Spin state regulated by asymmetric orbital hybridization in Ni-Fe2O3 to promote fenton-like catalytic activity

Abstract

The manipulation of spin states in metal active sites can significantly impact the energetics of peroxymonosulfate (PMS) molecule adsorption and bond dissociation, thereby exerting influence on the reaction pathway and kinetics. However, the optimization of Fe2O3 catalysts for PMS activation has overlooked spin-related electron transfer and orbital interactions. In this study, we propose a Ni-doping strategy to modify the spin state of Fe2O3 (Ni-Fe2O3) through asymmetrical orbital hybridization (Ni-O-Fe) to enhance PMS activation, with the aim of establishing a correlation between spin state and catalytic activity.
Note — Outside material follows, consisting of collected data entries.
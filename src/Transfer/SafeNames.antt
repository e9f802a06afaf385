-- ===== src/Transfer/SafeNames.antt =====
-- The names that sanitiseName of internal/transfer/transfer.go gives: they name a file in the
-- directory that they are joined to, and no device.
use gmmff.Prelude.{
  ℕ, zero, suc, ◌<◌, ◌≤◌, ◌≡◌, refl, sym, ap, ◌∙◌, inl, inr, true, false, ◌&&◌, ◌||◌, [], ◌∷◌, ◌++◌,
  ◌==◌, length, arith, Bool-cases,
}
use gmmff.Prelude.Bytes.{Bytes, codes, bytes_eq, has_prefix, has_byte, has_byte-append}
use gmmff.Transfer.Names.{
  Strings, dot, blank, underscore, is_dropped, safe_bytes, has_dots, cut_dots, without_dots,
  trim_right, stem_of, default_name, is_device, is_windows_reserved, trimmed, sanitise_name,
}

false-true : ¬ (false ≡ true)
false-true h = cc

safe_bytes-has_byte : (c : ℕ) (s : Bytes) → is_dropped c ≡ true → has_byte c (safe_bytes s) ≡ false
unfolding safe_bytes has_byte
safe_bytes-has_byte c [] h = refl
safe_bytes-has_byte c (x ∷ s) h = elim (Bool-cases (is_dropped x)) [
  | inl e ↦ rw e (safe_bytes-has_byte c s h)
  | inr e ↦ rw e (elim (Bool-cases (x == c)) [
    | inl same ↦
        let eq : x ≡ c = ground arith in elim (false-true (sym e ∙ ap is_dropped eq ∙ h)) [ ]
    | inr other ↦ rw other (safe_bytes-has_byte c s h)
  ])
]

cut_dots-has_byte : (c : ℕ) (s : Bytes) → has_byte c s ≡ false → has_byte c (cut_dots s) ≡ false
unfolding cut_dots has_byte
cut_dots-has_byte c [] h = refl
cut_dots-has_byte c (a ∷ []) h = h
cut_dots-has_byte c (a ∷ b ∷ s) h = elim (Bool-cases (a == dot && b == dot)) [
  | inl e ↦ rw e (ground (arith, cut_dots-has_byte c s))
  | inr e ↦ rw e (ground (arith, cut_dots-has_byte c (b ∷ s)))
]

without_dots-has_byte :
    (c fuel : ℕ) (s : Bytes) → has_byte c s ≡ false → has_byte c (without_dots fuel s) ≡ false
unfolding without_dots
without_dots-has_byte c zero s h = h
without_dots-has_byte c (suc fuel) s h =
    let rest = without_dots-has_byte c fuel (cut_dots s) (cut_dots-has_byte c s h) in ground (arith)

length-cut_dots_le : (s : Bytes) → length (cut_dots s) ≤ length s
unfolding cut_dots
length-cut_dots_le [] = omega arith
length-cut_dots_le (a ∷ []) = omega arith
length-cut_dots_le (a ∷ b ∷ s) = ground (arith, length-cut_dots_le s, length-cut_dots_le (b ∷ s))

length-cut_dots : (s : Bytes) → has_dots s ≡ true → length (cut_dots s) < length s
unfolding cut_dots has_dots
length-cut_dots [] h = cc
length-cut_dots (a ∷ []) h = cc
length-cut_dots (a ∷ b ∷ s) h = elim (Bool-cases (a == dot && b == dot)) [
  | inl e ↦ rw e (omega (arith, length-cut_dots_le s))
  | inr e ↦ rw e (omega (arith, length-cut_dots (b ∷ s) (rw e at h)))
]

-- As many rounds as the name has bytes are enough.
without_dots-has_dots :
    (fuel : ℕ) (s : Bytes) → length s ≤ fuel → has_dots (without_dots fuel s) ≡ false
unfolding without_dots has_dots
without_dots-has_dots zero [] h = refl
without_dots-has_dots zero (a ∷ s) h = ground arith
without_dots-has_dots (suc fuel) s h = elim (Bool-cases (has_dots s)) [
  | inl e ↦ rw e (without_dots-has_dots fuel (cut_dots s) (omega (arith, length-cut_dots s e)))
  | inr e ↦ rw e e
]

has_dots-tail : (a : ℕ) (s : Bytes) → has_dots (a ∷ s) ≡ false → has_dots s ≡ false
unfolding has_dots
has_dots-tail a [] h = refl
has_dots-tail a (b ∷ s) h = ground arith

has_dots-suffix : (p s : Bytes) → has_dots (p ++ s) ≡ false → has_dots s ≡ false
has_dots-suffix [] s h = h
has_dots-suffix (a ∷ p) s h = has_dots-suffix p s (has_dots-tail a (p ++ s) h)

has_dots-prefix : (s q : Bytes) → has_dots (s ++ q) ≡ false → has_dots s ≡ false
unfolding has_dots
has_dots-prefix [] q h = refl
has_dots-prefix (a ∷ []) q h = refl
has_dots-prefix (a ∷ b ∷ s) q h = ground (arith, has_dots-prefix (b ∷ s) q)

trim_right-part : (s : Bytes) → (q : Bytes) × (s ≡ trim_right s ++ q)
unfolding trim_right
trim_right-part [] = ([], refl)
trim_right-part (c ∷ s) =
    let (q, e) = trim_right-part s in
    elim (Bool-cases (length (trim_right s) == 0 && (c == dot || c == blank))) [
      | inl h ↦ (c ∷ s, rw h refl)
      | inr h ↦ (q, rw h (ap (λ l. c ∷ l) e))
    ]

trim_right-again : (s : Bytes) → trim_right (trim_right s) ≡ trim_right s
unfolding trim_right
trim_right-again [] = refl
trim_right-again (c ∷ s) =
    elim (Bool-cases (length (trim_right s) == 0 && (c == dot || c == blank))) [
      | inl h ↦ rw h refl
      | inr h ↦ rw (h, trim_right-again s, h) refl
    ]

trim_right-has_byte : (c : ℕ) (s : Bytes) → has_byte c s ≡ false → has_byte c (trim_right s) ≡ false
trim_right-has_byte c s h =
    let (q, e) = trim_right-part s in
    ground (arith, has_byte-append c (trim_right s) q, ap (has_byte c) e)

trim_right-has_dots : (s : Bytes) → has_dots s ≡ false → has_dots (trim_right s) ≡ false
trim_right-has_dots s h =
    let (q, e) = trim_right-part s in has_dots-prefix (trim_right s) q (sym (ap has_dots e) ∙ h)

has_dots-underscore : (s : Bytes) → has_dots s ≡ false → has_dots (underscore ∷ s) ≡ false
unfolding has_dots
has_dots-underscore [] h = refl
has_dots-underscore (a ∷ s) h = h

-- Such a name starts with an underscore, and no device's does.
underscore_no_device : (s : Bytes) → is_device (underscore ∷ s) ≡ false
unfolding is_device bytes_eq has_prefix
underscore_no_device s = ground arith

-- A name that stays inside the directory it is joined to.
unfoldable pub IsSafe : Strings → Bytes → Type 0
IsSafe str name =
    ((c : ℕ) → is_dropped c ≡ true → has_byte c name ≡ false)
    × (has_dots name ≡ false)
    × (0 < length name)
    × (trim_right name ≡ name)
    × (is_windows_reserved str name ≡ false)

module _ (str : Strings) where
  trim_space-has_byte :
      (c : ℕ) (s : Bytes) → has_byte c s ≡ false → has_byte c (str.trim_space s) ≡ false
  trim_space-has_byte c s h =
      let (p, q, e) = str.trim_space_part s in
      ground (
        arith,
        has_byte-append c (p ++ str.trim_space s) q,
        has_byte-append c p (str.trim_space s),
        ap (has_byte c) e,
      )

  trim_space-has_dots : (s : Bytes) → has_dots s ≡ false → has_dots (str.trim_space s) ≡ false
  trim_space-has_dots s h =
      let (p, q, e) = str.trim_space_part s in
      has_dots-suffix p (str.trim_space s)
        (has_dots-prefix (p ++ str.trim_space s) q (sym (ap has_dots e) ∙ h))

  trimmed-has_byte : (c : ℕ) (s : Bytes) → is_dropped c ≡ true → has_byte c (trimmed str s) ≡ false
  trimmed-has_byte c s h =
      let safe = safe_bytes s in
      trim_right-has_byte c (str.trim_space (without_dots (length safe) safe)) (
        trim_space-has_byte c (without_dots (length safe) safe)
          (without_dots-has_byte c (length safe) safe (safe_bytes-has_byte c s h)))

  trimmed-has_dots : (s : Bytes) → has_dots (trimmed str s) ≡ false
  trimmed-has_dots s =
      let safe = safe_bytes s in
      trim_right-has_dots (str.trim_space (without_dots (length safe) safe)) (
        trim_space-has_dots (without_dots (length safe) safe)
          (without_dots-has_dots (length safe) safe (omega arith)))

  trimmed-trim_right : (s : Bytes) → trim_right (trimmed str s) ≡ trimmed str s
  trimmed-trim_right s =
      trim_right-again (str.trim_space (without_dots (length (safe_bytes s)) (safe_bytes s)))

  default_not_reserved : is_windows_reserved str default_name ≡ false
  unfolding is_windows_reserved is_device bytes_eq has_prefix stem_of
  default_not_reserved =
      rw (str.to_upper_ascii 0x67 (stem_of (codes "mmff_received_file")) (omega arith))
        (ground arith)

  default-IsSafe : IsSafe str default_name
  unfolding IsSafe safe_bytes has_dots trim_right
  default-IsSafe =
      (λ c. safe_bytes-has_byte c default_name, refl, omega arith, refl, default_not_reserved)

  underscore_not_reserved : (s : Bytes) → is_windows_reserved str (underscore ∷ s) ≡ false
  unfolding is_windows_reserved stem_of
  underscore_not_reserved s =
      rw (str.to_upper_ascii underscore (stem_of s) (omega arith))
        (underscore_no_device (str.to_upper (stem_of s)))

  underscore-IsSafe :
      (s : Bytes) (h : (c : ℕ) → is_dropped c ≡ true → has_byte c s ≡ false)
      (d : has_dots s ≡ false) (ne : 0 < length s) (t : trim_right s ≡ s)
      → IsSafe str (underscore ∷ s)
  unfolding IsSafe has_byte trim_right
  underscore-IsSafe s h d ne t = (
    λ c k. elim (Bool-cases (underscore == c)) [
      | inl same ↦
          let eq : underscore ≡ c = ground arith in elim (false-true (ap is_dropped eq ∙ k)) [ ]
      | inr other ↦ rw other (h c k)
    ],
    has_dots-underscore s d,
    omega arith,
    ground (arith, t),
    underscore_not_reserved s,
  )

  -- Whatever name a peer announces, the name that is used has no path separator, colon or control
  -- byte, no two dots in a row, at least one byte, no dot or blank at its end, and is not a Windows
  -- device's.
  pub sanitise_name-IsSafe : (name : Bytes) → IsSafe str (sanitise_name str name)
  unfolding sanitise_name IsSafe
  sanitise_name-IsSafe name =
      let result = trimmed str name in
      elim (Bool-cases (length result == 0)) [
        | inl e ↦ rw e default-IsSafe
        | inr e ↦ elim (Bool-cases (is_windows_reserved str result)) [
          | inl r ↦
              rw (e, r)
                (underscore-IsSafe result (λ c. trimmed-has_byte c name) (trimmed-has_dots name)
                  (ground arith) (trimmed-trim_right name))
          | inr r ↦
              rw (e, r)
                (
                  (λ c. trimmed-has_byte c name),
                  trimmed-has_dots name,
                  ground arith,
                  trimmed-trim_right name,
                  r,
                )
        ]
      ]

safe_bytes_kept :
    (s : Bytes) → ((c : ℕ) → is_dropped c ≡ true → has_byte c s ≡ false) → safe_bytes s ≡ s
unfolding safe_bytes has_byte
safe_bytes_kept [] h = refl
safe_bytes_kept (x ∷ s) h = elim (Bool-cases (is_dropped x)) [
  | inl e ↦ ground (arith, h x e)
  | inr e ↦ rw e (ap (λ l. x ∷ l) (safe_bytes_kept s (λ c k. ground (arith, h c k))))
]

without_dots_kept : (fuel : ℕ) (s : Bytes) → has_dots s ≡ false → without_dots fuel s ≡ s
unfolding without_dots
without_dots_kept zero s h = refl
without_dots_kept (suc fuel) s h = rw h refl

-- A name that is already safe, and that TrimSpace leaves as it is, is used unchanged.
pub sanitise_name-IsSafe_id :
    (str : Strings) (name : Bytes)
    → IsSafe str name
    → str.trim_space name ≡ name
    → sanitise_name str name ≡ name
unfolding sanitise_name IsSafe
sanitise_name-IsSafe_id str name (b, d, ne, t, r) k =
    let e : trimmed str name ≡ name =
      rw (safe_bytes_kept name b, without_dots_kept (length name) name d, k, t) refl in
    let long : (length name == 0) ≡ false = ground arith in rw (e, long, r) refl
The high-spin Ni-Fe2O3/PMS system exhibits a significantly higher reaction rate constant (0.20 min−1), approximately 2.85 times greater than that observed in the low-spin Fe2O3/PMS system (0.07 min−1). The asymmetrical orbital coupling induced by Ni doping enhances spin splitting and electron delocalization within the Ni-Fe2O3 catalyst, creating an efficient electron transfer channel between the high-spin catalyst and adsorbed PMS molecules. This enhanced electron transfer disrupts charge distribution in PMS and elongates OO bonds, leading to a significant enhancement in OH generation potential. The establishment of a correlation between high spin active sites and PMS activation provides valuable insights into the intelligent design of spin-regulated nanocomposites for advanced water purification.